NEWSTOP STORY

FG unveils new universal health coverage platform

The Federal Ministry of Health has said it has resolved to establish a Nigeria Reproductive, Maternal, Newborn, Child, Adolescent and Elderly Health Plus Nutrition (RMNCAEH+N), multi-stakeholder partnership coordination platform aimed at improving the health and wellbeing of women, children, adolescents and the elderly.

Health Minister, Dr. Osagie Ehanire, speaking in Abuja at the unveiling the programme said the present poor health indices in the country are not acceptable to the federal government.

He said that it was in realization of government’s vision to achieve universal health coverage that the Federal Ministry of Health is repositioning its approach to partnership to maximize the impact for better outcomes.
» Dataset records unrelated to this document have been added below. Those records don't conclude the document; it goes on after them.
-- ===== src/Study/Store/Results.antt =====
-- What an update of a session writes, and the results that it records.
use hquizlet_platform.Prelude.{
  none, ◌∷◌, ◌||◌, leb, ◌<◌, ◌==◌, ℕ, ◌≡◌, ◌⊎◌, Bool, true, false, String, some, arith,
  Option-cases, Bool-cases, inl, inr,
}
use hquizlet_platform.Study.Model.{QuizSession, SessionView, Outcome, Outcome-cases, ok}
use hquizlet_platform.Study.View.{is_some, is_submitted}
use hquizlet_platform.Study.Progress.{Learning, key_taken, insert_learning}
use hquizlet_platform.Study.Store.{
  SessionRow, StudyDb, row_of, drop_expired, count_active, new_row, set_deleted, create_session,
  delete_session, open_row, update_row, set_state, active_until, quiz_key, learning_row,
  record_result, update_session,
}

-- An update that was committed.
pub record Updated (id : String) (u k now : ℕ)
    (fn : QuizSession → Outcome (QuizSession × SessionView)) (db after : StudyDb) : Type 0 where
  pub row : SessionRow
  pub state : QuizSession
  pub view : SessionView
  pub learning : Learning
  pub found : open_row id u k now db.sessions ≡ some row
  pub done : fn row.state ≡ ok (state, view)
  pub kept : record_result u k row.state state db.learning ≡ some learning
  pub effect : after ≡ record db {
    sessions = update_row id (set_state state (active_until state)) db.sessions;
    learning = learning;
  }

pub update_session-cases :
    (fails : Bool) (now : ℕ) (id : String) (u k : ℕ)
    (fn : QuizSession → Outcome (QuizSession × SessionView)) (db : StudyDb)
    → ((update_session fails now id u k fn db).0 ≡ db)
      ⊎ Updated id u k now fn db (update_session fails now id u k fn db).0
unfolding update_session
update_session-cases fails now id u k fn db =
    elim (Option-cases (open_row id u k now db.sessions)) [
      | inl absent ↦ inl (ground (arith, absent))
      | inr (r, found) ↦ elim (Outcome-cases (fn r.state)) [
        | inl (e, failed) ↦ inl (ground (arith, found, failed))
        | inr ((x, v), done) ↦ elim (Option-cases (record_result u k r.state x db.learning)) [
          | inl refused ↦ inl (ground (arith, found, done, refused))
          | inr (l, kept) ↦ elim (Bool-cases fails) [
            | inl broken ↦ inl (ground (arith, found, done, kept, broken))
            | inr fine ↦ inr (record {
              row = r;
              state = x;
              view = v;
              learning = l;
              found = found;
              done = done;
              kept = kept;
              effect = ground (arith, found, done, kept, fine);
            })
          ]
        ]
      ]
    ]

-- What the update that submits a session writes to the table of results.
pub record_result-cases :
    (u k : ℕ) (s x : QuizSession) (l m : Learning)
    → record_result u k s x l ≡ some m
    → is_submitted s ≡ false
    → is_submitted x ≡ true
    → is_some x.completed_score ≡ true
    → ((key_taken u (quiz_key x.id) l.rows ≡ true) × (m ≡ l))
      ⊎ ((n : ℕ) × (x.completed_score ≡ some n)
          × (key_taken u (quiz_key x.id) l.rows ≡ false)
          × (m ≡ insert_learning l (learning_row u k x n)))
unfolding record_result
record_result-cases u k s x l m h before after scored = elim (Option-cases x.completed_score) [
  | inl unscored ↦ absurd (ground (arith, unscored, scored))
  | inr (n, score) ↦ elim (Bool-cases (key_taken u (quiz_key x.id) l.rows)) [
    | inl taken ↦ inl (taken, ground (arith, score, before, after, taken))
    | inr free ↦ inr (n, score, free, ground (arith, score, before, after, free))
  ]
]

-- A session that was created, behind the deletion of expired ones.
pub create_session-cases :
    (fails : Bool) (now : ℕ) (s : QuizSession) (db : StudyDb)
    → ((create_session fails now s db).0 ≡ db)
      ⊎ ((row_of s.id (drop_expired s.user_id now db.sessions) ≡ none)
          × (count_active s.user_id s.study_set_id now (drop_expired s.user_id now db.sessions) < 5)
          × ((create_session fails now s db).0
              ≡ record db { sessions = new_row s ∷ drop_expired s.user_id now db.sessions }))
unfolding create_session
create_session-cases fails now s db =
    let rows = drop_expired s.user_id now db.sessions in
    elim (Bool-cases (leb 5 (count_active s.user_id s.study_set_id now rows))) [
      | inl full ↦ inl (ground (arith, full))
      | inr free ↦ elim (Bool-cases (fails || is_some (row_of s.id rows))) [
        | inl broken ↦ inl (ground (arith, free, broken))
        | inr fine ↦ inr (
          ground (arith, fine, Option-cases (row_of s.id rows)),
          ground (arith, free),
          ground (arith, free, fine),
        )
      ]
    ]

pub delete_session-cases :
    (fails : Bool) (now : ℕ) (id : String) (u : ℕ) (db : StudyDb)
    → ((delete_session fails now id u db).0 ≡ db)
      ⊎ ((delete_session fails now id u db).0
          ≡ record db { sessions = update_row id (set_deleted u now) db.sessions })
unfolding delete_session
delete_session-cases fails now id u db = elim (Bool-cases fails) [
  | inl broken ↦ inl (ground (arith, broken))
  | inr fine ↦ elim (Option-cases (row_of id db.sessions)) [
    | inl absent ↦ inl (ground (arith, fine, absent))
    | inr (r, found) ↦ elim (Bool-cases (r.user_id == u)) [
      | inl own ↦ inr (ground (arith, fine, found, own))
      | inr foreign ↦ inl (ground (arith, fine, found, foreign))
    ]
  ]
]
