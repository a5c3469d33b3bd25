-- ===== src/Study/Runs/Played.antt =====
-- What holds of the rows of quiz sessions, and that actions preserve it.
use hquizlet_platform.Prelude.{
  ℕ, ◌≤◌, ◌≡◌, refl, ap, ◌∙◌, sym, Bool, true, false, String, List, [], ◌∷◌, none, some, All, ltb,
  arith, str_eq, Option-cases, Bool-cases, inl, inr,
}
use hquizlet_platform.Prelude.Int.{ℤ}
use hquizlet_platform.Study.Model.{Snapshot, QuizSession, Outcome, TextFns}
use hquizlet_platform.Study.View.{is_some, is_submitted}
use hquizlet_platform.Study.Play.{act}
use hquizlet_platform.Study.Play.Steps.{act-inv}
use hquizlet_platform.Study.Play.Moves.{Moves, act_on-Moves}
use hquizlet_platform.Study.Play.Sound.{Answered, later-Answered, act_on-Answered}
use hquizlet_platform.Study.Store.{
  SessionRow, StudyDb, row_of, is_active, count_active, set_state, active_until, update_session,
}
use hquizlet_platform.Study.Store.Rows.{
  distinct_rows, update_row-distinct, All-update_row, count-update_row, count_mono, open_row-inv,
}
use hquizlet_platform.Study.Store.Results.{Updated, update_session-cases}
use hquizlet_platform.Study.Runs.{World, is_used}

-- A row of a session at a time.
pub record RowOk (now : ℕ) (r : SessionRow) : Type 0 where
  pub answered : Answered now r.state
  pub named : r.state.id ≡ r.id
  pub until : r.deleted_at ≡ none → r.active_until ≡ active_until r.state

pub record Inv (m : World) : Type 0 where
  pub rows : All (RowOk m.clock) m.db.sessions
  pub distinct : distinct_rows m.db.sessions ≡ true
  pub drawn : All (λ r. is_used r.id m.used ≡ true) m.db.sessions
  pub bounded : (u k : ℕ) → count_active u k m.clock m.db.sessions ≤ 5

pub All-map {ℓ κ μ} :
    {A : Type ℓ} (P : A → Type κ) (Q : A → Type μ) (xs : List A)
    → ((x : A) → P x → Q x)
    → All P xs
    → All Q xs
All-map P Q [] f h = tt
All-map P Q (x ∷ xs) f h = (f x h.0, All-map P Q xs f h.1)

pub later-RowOk : (last now : ℕ) (r : SessionRow) → last ≤ now → RowOk last r → RowOk now r
later-RowOk last now r le ok_row = record {
  answered = later-Answered last now r.state le ok_row.answered;
  named = ok_row.named;
  until = ok_row.until;
}

-- A session that is active later is active now.
pub count_active-later :
    (u k last now : ℕ) (rs : List SessionRow)
    → last ≤ now
    → count_active u k now rs ≤ count_active u k last rs
count_active-later u k last now rs le =
    count_mono (is_active u k now) (is_active u k last) rs (λ r h. ground (arith, h, le))

pub row_of-All {κ} :
    (P : SessionRow → Type κ) (id : String) (rs : List SessionRow) (r : SessionRow)
    → row_of id rs ≡ some r
    → All P rs
    → P r
unfolding row_of
row_of-All P id [] r h a = cc
row_of-All P id (x ∷ rs) r h a = elim (Bool-cases (str_eq x.id id)) [
  | inl same ↦ let e : r ≡ x = ground (arith, same, h) in rw e a.0
  | inr other ↦ row_of-All P id rs r (ground (arith, other, h)) a.1
]

-- The state that an action leaves.
played-RowOk :
    (t : TextFns) (get : String → Outcome Snapshot) (action : String) (index : ℤ) (answer : String)
    (inc : Bool) (id : String) (u k last now : ℕ) (db after : StudyDb) (le : last ≤ now)
    (up : Updated id u k last (λ s. act t get s action index answer now inc) db after)
    → RowOk now up.row
    → RowOk now (set_state up.state (active_until up.state) up.row)
played-RowOk t get action index answer inc id u k last now db after le up r =
    let (c, read, on) =
      act-inv t get up.row.state up.state action index answer now inc up.view up.done in
    let moves = act_on-Moves t c up.row.state up.state action index answer now inc up.view on in
    let (found, live) = open_row-inv id u k last db.sessions up.row up.found in
    let named : up.state.id ≡ up.row.id = ap (λ z. z.id) moves.same ∙ r.named in
    record {
      answered =
          act_on-Answered t now c up.row.state up.state action index answer now inc up.view on
            (omega arith) r.answered;
      named = named;
      until = λ h. refl;
    }

-- The end of a running session is its deadline, which no action moves.
active_until-Moves :
    (s x : QuizSession) → Moves s x → is_submitted x ≡ false → active_until x ≡ active_until s
active_until-Moves s x moves running =
    let s_running : is_submitted s ≡ false = elim (Bool-cases (is_submitted s)) [
      | inr open_still ↦ open_still
      | inl done ↦ ground (arith, running, done, ap is_some (moves.final done).1)
    ] in
    ground (
      arith,
      running,
      s_running,
      ap (λ z. z.deadline) moves.same,
      ap (λ z. z.expires_at) moves.same,
      Option-cases x.submitted_at,
      Option-cases s.submitted_at,
    )

past-active :
    (now : ℕ) (x : QuizSession)
    → Answered now x
    → ltb now (active_until x) ≡ true
    → is_submitted x ≡ false
past-active now x a h = elim (Option-cases x.submitted_at) [
  | inl running ↦ ground (arith, running)
  | inr (at, done) ↦ ground (arith, done, h, a.past at done)
]

module _ (t : TextFns) (get : String → Outcome Snapshot) (action : String) (index : ℤ)
    (answer : String) (inc : Bool) (id : String) (u k now : ℕ) (m : World) (after : StudyDb)
    (le : m.clock ≤ now)
    (up : Updated id u k m.clock (λ s. act t get s action index answer now inc) m.db after) where
  -- A session that is active behind an action was active before it.
  played-active :
      (v j : ℕ)
      → RowOk now up.row
      → is_active v j now (set_state up.state (active_until up.state) up.row) ≡ true
      → is_active v j m.clock up.row ≡ true
  played-active v j r h =
      let (c, read, on) =
        act-inv t get up.row.state up.state action index answer now inc up.view up.done in
      let moves = act_on-Moves t c up.row.state up.state action index answer now inc up.view on in
      let played =
        played-RowOk t get action index answer inc id u k m.clock now m.db after le up r in
      let running = past-active now up.state played.answered (ground (arith, h)) in
      ground (
        arith,
        h,
        le,
        active_until-Moves up.row.state up.state moves running,
        r.until,
        Option-cases up.row.deleted_at,
      )

  played-Inv : Inv m → Inv (record m { db = after; clock = now })
  played-Inv i =
      let old : All (RowOk now) m.db.sessions =
        All-map (RowOk m.clock) (RowOk now) m.db.sessions (λ r. later-RowOk m.clock now r le)
          i.rows in
      let found = (open_row-inv id u k m.clock m.db.sessions up.row up.found).0 in
      let own = row_of-All (RowOk now) id m.db.sessions up.row found old in
      rw up.effect (record {
        rows =
            All-update_row id (set_state up.state (active_until up.state)) (λ r. refl) (RowOk now)
              m.db.sessions old
              (λ r e p.
                let one : r ≡ up.row = ground (arith, e, found) in
                rw one (
                  played-RowOk t get action index answer inc id u k m.clock now m.db after le up
                    own));
        distinct =
            update_row-distinct id (set_state up.state (active_until up.state)) (λ r. refl)
              m.db.sessions i.distinct;
        drawn =
            All-update_row id (set_state up.state (active_until up.state)) (λ r. refl)
              (λ r. is_used r.id m.used ≡ true) m.db.sessions i.drawn (λ r e p. p);
        bounded = λ v j.
            let fewer =
              count-update_row (is_active v j now) (is_active v j m.clock) id
                (set_state up.state (active_until up.state)) m.db.sessions
                (λ r h. ground (arith, h, le))
                (λ r e h.
                  let one : r ≡ up.row = ground (arith, e, found) in
                  ap (is_active v j m.clock) one
                  ∙ played-active v j own (
                      ap (λ z. is_active v j now (set_state up.state (active_until up.state) z))
                        (sym one)
                      ∙ h)) in
            omega (arith, fewer, i.bounded v j);
      })

-- Time goes on.
pub tick-Inv : (m : World) (now : ℕ) → m.clock ≤ now → Inv m → Inv (record m { clock = now })
tick-Inv m now le i = record {
  rows =
      All-map (RowOk m.clock) (RowOk now) m.db.sessions (λ r. later-RowOk m.clock now r le) i.rows;
  distinct = i.distinct;
  drawn = i.drawn;
  bounded =
      λ v j. omega (arith, count_active-later v j m.clock now m.db.sessions le, i.bounded v j);
}

module _ (t : TextFns) where
  pub play-Inv :
      (m : World) (fails : Bool) (get : String → Outcome Snapshot) (id : String) (u k : ℕ)
      (action : String) (index : ℤ) (answer : String) (at : ℕ) (inc : Bool)
      → m.clock ≤ at
      → Inv m
      → Inv (record m {
        db =
            (update_session fails m.clock id u k
              (λ s. act t get s action index answer at inc)
              m.db).0;
        clock = at;
      })
  play-Inv m fails get id u k action index answer at inc le i =
      let fn = λ (s : QuizSession). act t get s action index answer at inc in
      elim (update_session-cases fails m.clock id u k fn m.db) [
        | inl kept ↦ rw kept (tick-Inv m at le i)
        | inr up ↦
            played-Inv t get action index answer inc id u k at m
              (update_session fails m.clock id u k fn m.db).0 le up i
      ]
He said: “Our health indices are unacceptably poor, with a maternal mortality ratio of 512 per 1,000 live births, under-five mortality rate of 132 per 1,000 live births and neonatal mortality rate of 39 per 1000 livebirths”.

The minister however noted that the present administration has made modest progress towards improvement of child survival and safe motherhood.

According to Ehanire, the impact was achieved through the provision of ready-to-use therapeutic food and sustaining FP2020 commitments to ensure availability of family planning services to women of reproductive age amongst other things.

In addition, the minister said that the operationalization of the National Health Act and the Basic Health Care Provision Fund will greatly improve access to quality health care for the vulnerable, particularly at the primary healthcare level.

“We have resolved to establish a Nigeria Reproductive, Maternal, Newborn, Child, Adolescent and Elderly Health Plus Nutrition (RMNCAEH+N) multi-stakeholder partnership coordination platform to be launched on Monday, 12th of October, 2020.

“The vision for this multi-stakeholder coordination platform is to harness the relative strengths of the diverse stakeholders and create opportunities to leverage resources to maximize outcomes for attainment of our shared vision for Nigerians, particularly the vulnerable population,” Ehanire said.

The minister added that the motto of the new initiative is “partnering for wellbeing of women, children, adolescents, and the elderly, encapsulates the core values that drive universal health coverage, with the aim of leaving no one behind’.

He said the federal government’s responsibility for the well-being of women, children, adolescent and elderly took cognizance of their roles in national development since they constitute a significant proportion of the Nigerian populace.

He said there is no doubt that the Covid-19 pandemic had its toll on routine health care delivery around the world and at the initial phase, severely impacted RMNCAH+N services in Nigeria, adding “that lessons learnt from the Covid-19 pandemic are being utilized to strengthen our health system and reposition it for more resilience, to improve health and wellbeing of the vulnerable across population life cycle”.